Le secteur touristique a parfois été la cible principale d'attaques terroristes. Ce qui a fait chuter les arrivées de touristes étrangers. Le Maghreb sera la région la plus touchée en 2015. Une attaque terroriste fait perdre entre 0,5% et 0,8% de croissance à un pays, d'après l’agence de notation Moody’s. En Afrique de l'est, c'est le secteur touristique kényan qui en a souffert le plus ces dernières annéest. Entre 2011 et 2017, le pays a connu en moyenne soixante attaques, menées chaque année par différents groupes. Ce qui a eu un impact énorme sur la fréquentation touristique.  Le secteur représente plus de 9% du PIB du Kenya. En Afrique centrale, c'est le nord du Cameroun qui va subir  les incursions du groupe Boko-Haram depuis 2013, une région très touristique, plombant les performances et les perspectives du secteur touristique du pays.

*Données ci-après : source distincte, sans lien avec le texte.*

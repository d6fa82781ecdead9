-- ===== src/Edge/Keys.antt =====
-- The paths of infra/edge-worker.js: bucket keys, the immutable ones, and the bucket prefix. The
-- regular expressions are written out as scanners.
use Prim.Native.Char.{Char, code}
use Prim.Native.String.{String, ◌++◌ as str_append}
use text.Mathlib.Text.{◌==◌ as str_eq}
use qed.Common.{
  ℕ, zero, suc, Bool, true, false, not, ◌&&◌, ◌||◌, Option, none, some, List, [], ◌∷◌, ltb, leb,
  ◌==◌, if◌then◌else◌,
}
use qed.Common.Lists.{any}
use qed.Common.Json.{is_some}

-- `text.slice(prefix.length)`, where `text.startsWith(prefix)`
unfoldable pub after_prefix : String → String → Option String
after_prefix String.[] s = some s
after_prefix (String.◌∷◌ p ps) String.[] = none
after_prefix (String.◌∷◌ p ps) (String.◌∷◌ c s) =
    let rest = after_prefix ps s in if code c == code p then rest else none

abbrev pub starts_with : String → String → Bool
starts_with prefix s = is_some (after_prefix prefix s)

-- `text.endsWith(suffix)`
unfoldable pub ends_with : String → String → Bool
ends_with suffix String.[] = str_eq String.[] suffix
ends_with suffix (String.◌∷◌ c s) =
    let later = ends_with suffix s in str_eq (String.◌∷◌ c s) suffix || later

unfoldable pub all_chars : (ℕ → Bool) → String → Bool
all_chars p String.[] = true
all_chars p (String.◌∷◌ c s) = p (code c) && all_chars p s

abbrev push_char : Char → List String → List String
push_char c [] = String.◌∷◌ c String.[] ∷ []
push_char c (x ∷ xs) = String.◌∷◌ c x ∷ xs

-- `text.split("/")`
unfoldable pub segments : String → List String
segments String.[] = "" ∷ []
segments (String.◌∷◌ c s) =
    let rest = segments s in if code c == b'/' then "" ∷ rest else push_char c rest

-- One dot of DOT_SEGMENT, `\.|%2e` in either case, and what stands behind it.
abbrev after_dot : String → Option String
after_dot s =
    if starts_with "." s
    then after_prefix "." s
    else if starts_with "%2e" s
    then after_prefix "%2e" s
    else after_prefix "%2E" s

abbrev one_dot : Option String → Bool
one_dot none = false
one_dot (some s) = str_eq s ""

abbrev two_dots : Option String → Bool
two_dots none = false
two_dots (some s) = one_dot (after_dot s)

-- /^(?:\.|%2e){1,2}$/i
unfoldable pub is_dot_segment : String → Bool
is_dot_segment s = one_dot (after_dot s) || two_dots (after_dot s)

-- /[\\\u0000-\u001f\u007f]/
abbrev pub is_unsafe_char : ℕ → Bool
is_unsafe_char c = c == 0x5c || ltb c 0x20 || c == 0x7f

abbrev pub is_unsafe_segment : String → Bool
is_unsafe_segment s = str_eq s "" || is_dot_segment s

-- A path without its first "/", where there is one.
abbrev pub key_of : Option String → String → Option String
key_of none prefix = none
key_of (some rel) prefix =
    if not (all_chars (λ c. not (is_unsafe_char c)) rel)
    then none
    else if any is_unsafe_segment (segments rel)
    then none
    else some (str_append prefix rel)

unfoldable pub artifact_key : String → String → Option String
artifact_key pathname prefix = key_of (after_prefix "/" pathname) prefix

-- What stands behind "/runtime-manifest" or "/index": `(\.[^/]*)?\.json$`
abbrev is_json_name : String → Bool
is_json_name s = starts_with "." s && ends_with ".json" s && all_chars (λ c. not (c == b'/')) s

abbrev json_behind : Option String → Bool
json_behind none = false
json_behind (some s) = is_json_name s

abbrev is_index_at : String → Bool
is_index_at s =
    json_behind (after_prefix "/runtime-manifest" s)
    || json_behind (after_prefix "/profiles-index" s)
    || json_behind (after_prefix "/index" s)

unfoldable pub is_index : String → Bool
is_index String.[] = false
is_index (String.◌∷◌ c s) = let later = is_index s in is_index_at (String.◌∷◌ c s) || later

abbrev pub is_hex : ℕ → Bool
is_hex c = (leb 0x30 c && leb c 0x39) || (leb 0x61 c && leb c 0x66)

-- Whether `count` more hexadecimal digits come.
abbrev pub hex_run : ℕ → String → Bool
hex_run zero s = true
hex_run (suc n) String.[] = false
hex_run (suc n) (String.◌∷◌ c s) = is_hex (code c) && hex_run n s

abbrev digit_first : Option String → Bool
digit_first (some (String.◌∷◌ c s)) = leb 0x30 (code c) && leb (code c) 0x39
digit_first _ = false

abbrev is_hashed_at : String → Bool
is_hashed_at s =
    digit_first (after_prefix ".part-" s)
    || starts_with ".snapz" s
    || starts_with ".chunk." s
    || hex_run 16 s

unfoldable pub is_hashed : String → Bool
is_hashed String.[] = false
is_hashed (String.◌∷◌ c s) = let later = is_hashed s in is_hashed_at (String.◌∷◌ c s) || later

unfoldable pub is_immutable : String → Bool
unfolding is_index is_hashed
is_immutable pathname = if is_index pathname then false else is_hashed pathname

-- `[A-Za-z0-9._-]`
abbrev pub is_name_char : ℕ → Bool
is_name_char c =
    (leb 0x41 c && leb c 0x5a)
    || (leb 0x61 c && leb c 0x7a)
    || (leb 0x30 c && leb c 0x39)
    || c == b'.'
    || c == b'_'
    || c == b'-'

abbrev is_name : String → Bool
is_name s = not (str_eq s "") && all_chars is_name_char s

-- `([A-Za-z0-9._-]+\/)+`: names, and nothing behind the last "/".
abbrev names_closed : List String → Bool
names_closed [] = false
names_closed (s ∷ []) = str_eq s ""
names_closed (s ∷ ss) = is_name s && names_closed ss

abbrev prefix_shape : List String → Bool
prefix_shape [] = false
prefix_shape (s ∷ []) = false
prefix_shape (s ∷ ss) = names_closed (s ∷ ss)

unfoldable pub valid_r2_prefix : String → Bool
valid_r2_prefix prefix =
    if str_eq prefix ""
    then true
    else prefix_shape (segments prefix)
      && not (any (λ s. str_eq s "." || str_eq s "..") (segments prefix))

Le taux d’occupation de certains hôtels au Cameroun serait passé de 90% à 30% en 2014 suite aux attaques de Boko-Haram, d'après le gouvernement camerounais. La région ouest-africaine a également vu son secteur touristique touché par les attaques terroristes, notamment au Nigeria, Mali, Burkina-Faso ou en Côte d’Ivoire. En 2015, l’Union économique et monétaire ouest-africaine (Uémoa) indiquait que l’activité touristique dans la région avait chuté de 6% par rapport  à 2014. Un recul du flux touristique lié au contexte sécuritaire après les différentes attaques terroristes, faisant chuter les recettes touristiques de 3%. Cette vague terroriste s'est  propagée jusqu’aux pays du golfe de Guinée, précisément le Bénin où deux touristes français étaient enlevés, catégorisant en ''zone rouge'', le parc de la Pendjari, joyau de l’industrie touristique du pays.

Des réponses inadaptées

Certains pays ont renforcé leurs systèmes sécuritaires liés aux sites touristiques à coup de campagnes publicitaires. En Afrique de l'ouest, la résurgence des attaques terroristes a entraîné la création du groupe G5 Sahel, dont la stratégie est à la fois sécuritaire, économique et sociale. D’autres pays moins touchés par le fléau ont mis en place des stratégies préventives, le long de leurs frontières avec des Etats durement touchés. C'est le cas de la Côte d’ivoire, du Bénin et du Ghana. Le renforcement de la sécurité, la construction des infrastructures et les campagnes de promotion publicitaires, eux seuls, ont ont été inefficaces pour réduire l’impact des attaques terroristes sur le tourisme africain. Des observateurs pensent que la forte dépendance du tourisme africain par rapport aux visiteurs étrangers expose ce secteur à plusieurs risques. C’est pourquoi l’Uémoa veut miser sur la promotion du tourisme au sein de son '' marché intérieur'', pour permettre aux huit pays de la région de profiter d’un marché potentiel de plus de quatre-vingt-dix millions d’habitants. Avec le processus d’intégration en cours, à travers notamment la création d’un marché unique du transport aérien, les Africains pourraient devenir les principaux moteurs de l’industrie touristique de leur continent.